Exclusive—On Friday this week the Association of Asia Pacific Airlines hosts its grandly titled Assembly of Presidents meeting at the Ritz-Carlton hotel in Bali, Indonesia. The timing is not fortuitous.
      Bali’s Ngurah Rai International Airport, one of the busiest in South East Asia due to the island’s draw as a global tourism destination of some renown, has only been open intermittently since the start of November. The cause? An erupting volcano on the neighboring island of Lombok.
      Mount Rinjani has been blowing dangerous, high altitude volcanic ash clouds in the direction of Bali, which has meant Ngurah Rai has only been open during small windows when the wind has shifted direction away from the Island of Gods, as Bali is known. By November 4, almost 700 flights were cancelled and the number has since rapidly climbed.
      This has left thousands of travelers stranded for extended periods both in Bali and around Asia. It took your correspondent six days to travel from the UK to Bali via Dubai, Jakarta, Singapore and Surabaya and, from there, overland and finally by ferry.
      The AAPA did not respond when FlyingTypers queried whether it was expecting its Assembly of Presidents conference to proceed smoothly and with all participants. Of more import, apart from the disastrous impact the ash clouds are having on tourism in Bali, the chaos is also proving disruptive for the air freight industry and those that rely on it.
      Bali is home to the production factories for a thriving number of internationally renowned jewelry and luxury fashion brands and most rely on air freight to reach global export markets. “We air freight shipments to Amazon who handle our logistics distribution for us as orders come in,” said one jewelry exporter that mainly sells into North America. “But at the moment we can’t replenish our inventory in the run up to the holiday season because we can’t get stock out on a regular basis.

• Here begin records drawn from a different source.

-- ===== src/Scheduler/Slot.antt =====
-- The slot of the scheduler against the table of jobs (remy-cc/src/scheduler.rs, `active`).
pub mod Cancels
pub mod Settles
pub mod Claimed
use remy_cc.Prelude.{
  ℕ, Bool, true, false, ◌≡◌, refl, sym, ◌∙◌, ap, Option, none, some, Memᴰ, if◌then◌else◌, ◌==◌,
  ==_refl, unique_of_count, mem-find_if, find_if, arith,
}
use remy_cc.Job.{JobStatus, running, cancel_requested, JobRow}
use remy_cc.Store.Monad.{Store, has_id}
use remy_cc.Store.Valid.{IsExecuting, Valid}
use remy_cc.Store.Runs.{SameRuns, IsExecuting-by}
use remy_cc.Scheduler.{ActiveJob}

-- The state in the table of the job in the slot.
abbrev pub seat_status : Bool → JobStatus
seat_status cancel = if cancel then cancel_requested else running

-- The job in the slot is the one that executes, and its flag is set if it was asked to stop.
pub record Seated (a : ActiveJob) (s : Store) : Type 0 where
  pub only : (x : JobRow) → Memᴰ x s.jobs → IsExecuting x → x.id ≡ a.job_id
  pub row : (r : JobRow) × Memᴰ r s.jobs × (r.id ≡ a.job_id) × (r.status ≡ seat_status a.cancel)

abbrev pub NoneExecuting : Store → Type 0
NoneExecuting s = (x : JobRow) → Memᴰ x s.jobs → ¬ IsExecuting x

abbrev pub SlotState : Option ActiveJob → Store → Type 0
SlotState none s = NoneExecuting s
SlotState (some a) s = Seated a s

pub seat-IsExecuting : (c : Bool) (r : JobRow) → r.status ≡ seat_status c → IsExecuting r
seat-IsExecuting true r e = rw e
seat-IsExecuting false r e = rw e

-- What leaves the executing jobs alone leaves the slot right.
pub SameRuns-SlotState :
    {s t : Store} (active : Option ActiveJob)
    → SameRuns s t
    → SlotState active s
    → SlotState active t
SameRuns-SlotState none same h =
    λ x m e. let (y, my, yi, ys) = same.back x m e in h y my (IsExecuting-by x y ys e)
SameRuns-SlotState (some a) same h =
    let (r, mr, ri, rs) = h.row in
    let (z, mz, zi, zs) = same.forth r mr (seat-IsExecuting a.cancel r rs) in
    record {
      only = λ x m e.
          let (y, my, yi, ys) = same.back x m e in sym yi ∙ h.only y my (IsExecuting-by x y ys e);
      row = (z, mz, zi ∙ ri, zs ∙ rs);
    }
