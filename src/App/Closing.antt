-- ===== src/App/Closing.antt =====
-- What internal/app leaves behind: every part that was opened is closed.
use rc_pangjiahui.Prelude.{
  Bool, true, false, ◌≡◌, refl, inl, inr, ap, ◌∙◌, Option, none, some, List, [], ◌∷◌, ◌++◌, map,
  arith, Bool-cases, if◌then◌else◌,
}
use rc_pangjiahui.Store.Tables.{Error}
use rc_pangjiahui.Config.{Role, needs_destinations}
use rc_pangjiahui.App.{
  Part, pool, publisher_client, worker_client, server, Service, publisher_loop, worker_loop,
  scheduler_loop, retention_loop, Action, opened, closed, started, Frame, return, opens, publishes,
  works, schedules, Last, context_done, goroutine_ended, BootCalls, checked, open_if, start_if,
  await, start_loops, consume, serve, open_worker, open_publisher, start_services, run_configured,
}

abbrev same_part : Part → Part → Bool
same_part pool pool = true
same_part publisher_client publisher_client = true
same_part worker_client worker_client = true
same_part server server = true
same_part _ _ = false

same_part_refl : (p : Part) → same_part p p ≡ true
same_part_refl pool = refl
same_part_refl publisher_client = refl
same_part_refl worker_client = refl
same_part_refl server = refl

-- The parts that are open after the actions, the last one first, if each is closed in the reverse
-- order of the openings.
pub unwind : List Part → List Action → Option (List Part)
unwind parts [] = some parts
unwind parts (opened p ∷ actions) = unwind (p ∷ parts) actions
unwind parts (started s ∷ actions) = unwind parts actions
unwind [] (closed p ∷ actions) = none
unwind (q ∷ parts) (closed p ∷ actions) =
    let rest = unwind parts actions in if same_part p q then rest else none

unwind-append :
    (actions more : List Action) (parts parts' : List Part)
    → unwind parts actions ≡ some parts'
    → unwind parts (actions ++ more) ≡ unwind parts' more
unfolding unwind
unwind-append [] more parts parts' h =
    ap (λ x. unwind x more) (let e : parts ≡ parts' = ground (arith, h) in e)
unwind-append (opened p ∷ actions) more parts parts' h =
    unwind-append actions more (p ∷ parts) parts' h
unwind-append (started s ∷ actions) more parts parts' h = unwind-append actions more parts parts' h
unwind-append (closed p ∷ actions) more [] parts' h = absurd (ground (arith, h))
unwind-append (closed p ∷ actions) more (q ∷ parts) parts' h = elim (Bool-cases (same_part p q)) [
  | inl same ↦ rw same (unwind-append actions more parts parts' (ground (arith, h, same)))
  | inr apart ↦ absurd (ground (arith, h, apart))
]

unwind-closed : (parts : List Part) → unwind parts (map closed parts) ≡ some []
unfolding unwind
unwind-closed [] = refl
unwind-closed (p ∷ parts) = rw (same_part_refl p) (unwind-closed parts)

-- The deferred calls are those of the open parts.
abbrev IsTidy : Frame → Type 0
IsTidy frame = unwind [] frame.log ≡ some frame.deferred

abbrev pub Closes : List Action × Option Error → Type 0
Closes result = unwind [] result.0 ≡ some []

return-Closes : (error : Option Error) (frame : Frame) → IsTidy frame → Closes (return error frame)
return-Closes error frame tidy =
    unwind-append frame.log (map closed frame.deferred) [] frame.deferred tidy
    ∙ unwind-closed frame.deferred

opens-IsTidy : (part : Part) (frame : Frame) → IsTidy frame → IsTidy (opens part frame)
unfolding unwind
opens-IsTidy part frame tidy = unwind-append frame.log (opened part ∷ []) [] frame.deferred tidy

start_if-IsTidy :
    (needed : Bool) (service : Service) (frame : Frame)
    → IsTidy frame
    → IsTidy (start_if needed service frame)
unfolding unwind
start_if-IsTidy false service frame tidy = tidy
start_if-IsTidy true service frame tidy =
    unwind-append frame.log (started service ∷ []) [] frame.deferred tidy

module _ (next : Frame → List Action × Option Error)
    (well : (frame : Frame) → IsTidy frame → Closes (next frame)) where
  checked-Closes :
      (needed : Bool) (error : Option Error) (frame : Frame)
      → IsTidy frame
      → Closes (checked needed error frame next)
  checked-Closes false error frame tidy = well frame tidy
  checked-Closes true none frame tidy = well frame tidy
  checked-Closes true (some e) frame tidy = return-Closes (some e) frame tidy

  open_if-Closes :
      (needed : Bool) (error : Option Error) (part : Part) (frame : Frame)
      → IsTidy frame
      → Closes (open_if needed error part frame next)
  open_if-Closes false error part frame tidy = well frame tidy
  open_if-Closes true none part frame tidy = well (opens part frame) (opens-IsTidy part frame tidy)
  open_if-Closes true (some e) part frame tidy = return-Closes (some e) frame tidy

await-Closes : (calls : BootCalls) (frame : Frame) → IsTidy frame → Closes (await calls frame)
unfolding await
await-Closes calls frame tidy = by_last calls.last
  where
    by_last :
        (last : Last)
        → Closes (elim last [
          | context_done ↦ return none frame
          | goroutine_ended none ↦ return none frame
          | goroutine_ended (some e) ↦ return (if calls.is_canceled e then none else some e) frame
        ])
    by_last context_done = return-Closes none frame tidy
    by_last (goroutine_ended none) = return-Closes none frame tidy
    by_last (goroutine_ended (some e)) =
        return-Closes (if calls.is_canceled e then none else some e) frame tidy

module _ (calls : BootCalls) (role : Role) where
  start_loops-Closes : (frame : Frame) → IsTidy frame → Closes (start_loops calls role frame)
  unfolding start_loops
  start_loops-Closes frame tidy =
      let worker = start_if (works role) worker_loop frame in
      let scheduler = start_if (schedules role) scheduler_loop worker in
      await-Closes calls (start_if (schedules role) retention_loop scheduler) (
        start_if-IsTidy (schedules role) retention_loop scheduler (
          start_if-IsTidy (schedules role) scheduler_loop worker
            (start_if-IsTidy (works role) worker_loop frame tidy)))

  consume-Closes : (frame : Frame) → IsTidy frame → Closes (consume calls role frame)
  unfolding consume
  consume-Closes =
      checked-Closes (start_loops calls role) start_loops-Closes (works role) calls.consume_error

  start_services-Closes : (frame : Frame) → IsTidy frame → Closes (start_services calls role frame)
  unfolding start_services
  start_services-Closes frame tidy =
      checked-Closes (consume calls role) consume-Closes (works role) calls.jitter_error
        (start_if (publishes role) publisher_loop frame)
        (start_if-IsTidy (publishes role) publisher_loop frame tidy)

  serve-Closes : (frame : Frame) → IsTidy frame → Closes (serve calls role frame)
  unfolding serve
  serve-Closes frame tidy =
      start_services-Closes (opens server frame) (opens-IsTidy server frame tidy)

  open_worker-Closes : (frame : Frame) → IsTidy frame → Closes (open_worker calls role frame)
  unfolding open_worker
  open_worker-Closes =
      open_if-Closes (serve calls role) serve-Closes (works role) calls.worker_error worker_client

  open_publisher-Closes : (frame : Frame) → IsTidy frame → Closes (open_publisher calls role frame)
  unfolding open_publisher
  open_publisher-Closes =
      open_if-Closes (open_worker calls role) open_worker-Closes (publishes role)
        calls.publisher_error publisher_client

  -- Whatever fails on the way, and however the process ends, every part that it has opened is closed,
  -- in the reverse order of the openings.
  pub run_configured-Closes : unwind [] (run_configured calls role).0 ≡ some []
  unfolding run_configured unwind
  run_configured-Closes =
      let connected = opens pool (record { log = []; deferred = [] }) in
      elim (Bool-cases calls.pool_up) [
        | inr down ↦ simp down refl
        | inl up ↦ elim (Bool-cases calls.ping_up) [
          | inr down ↦ simp (up, down) refl
          | inl alive ↦
              simp (up, alive)
                (checked-Closes (open_publisher calls role) open_publisher-Closes
                  (needs_destinations role) calls.load_error connected refl)
        ]
      ]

      “We’re also still trying to locate some of our orders and we can’t tell if they’re at Ngurah Rai or if they’ve been flown out already.
      “There is not a lot of information forthcoming from airlines, customs, or the airport. The integrator we occasionally use also seems to have lost some of its usual visibility. They can’t track and trace all the stock we have in their system.”
      Asked to explain how it was easing the impact on customers, the cargo department of Garuda Airlines, Indonesia’s national carrier, would only say that it had made “contingency plans” for the latest eruption.
      Unfortunately for Bali’s luxury goods export industry, and perhaps also for the AAPA’s schedule, there is no end in sight to the eruptions on Mount Rinjani—the last time the volcano suffered a similar event was in 2009 and it lasted for 15 months.
      To make matters worse, exporters with factories in Bali are being hurt for the second time this year by volcanic ash. In the summer Ngurah Rai International Airport also suffered frequent closures due to a volcanic eruption near Mount Raung on the tip of Java closest to Bali. This threw up vast amounts of corrosive silica-based ash cloud and caused travel and freight disruption for much of July and August.       The mountain is still rumbling, casting a pall over the surrounding region and threatening to cause more chaos in the future.
      One exporter of luxury handbags based in Bali told FlyingTypers volcanic ash uncertainty was a huge expense and risk for SME exporters that relied on air freight to reach market. “We missed a deadline for getting samples to Vogue in Italy during the Raung eruption, and we now have orders that need to go out to customers but can’t due to Rinjani,” she said. “If they can't fly out, our orders get cancelled and we're stuck with the stock and a terrible reputation for delivering late.
      “Ash clouds have a massive impact on our business!”
      They may also have a massive impact on the AAPA’s grand event.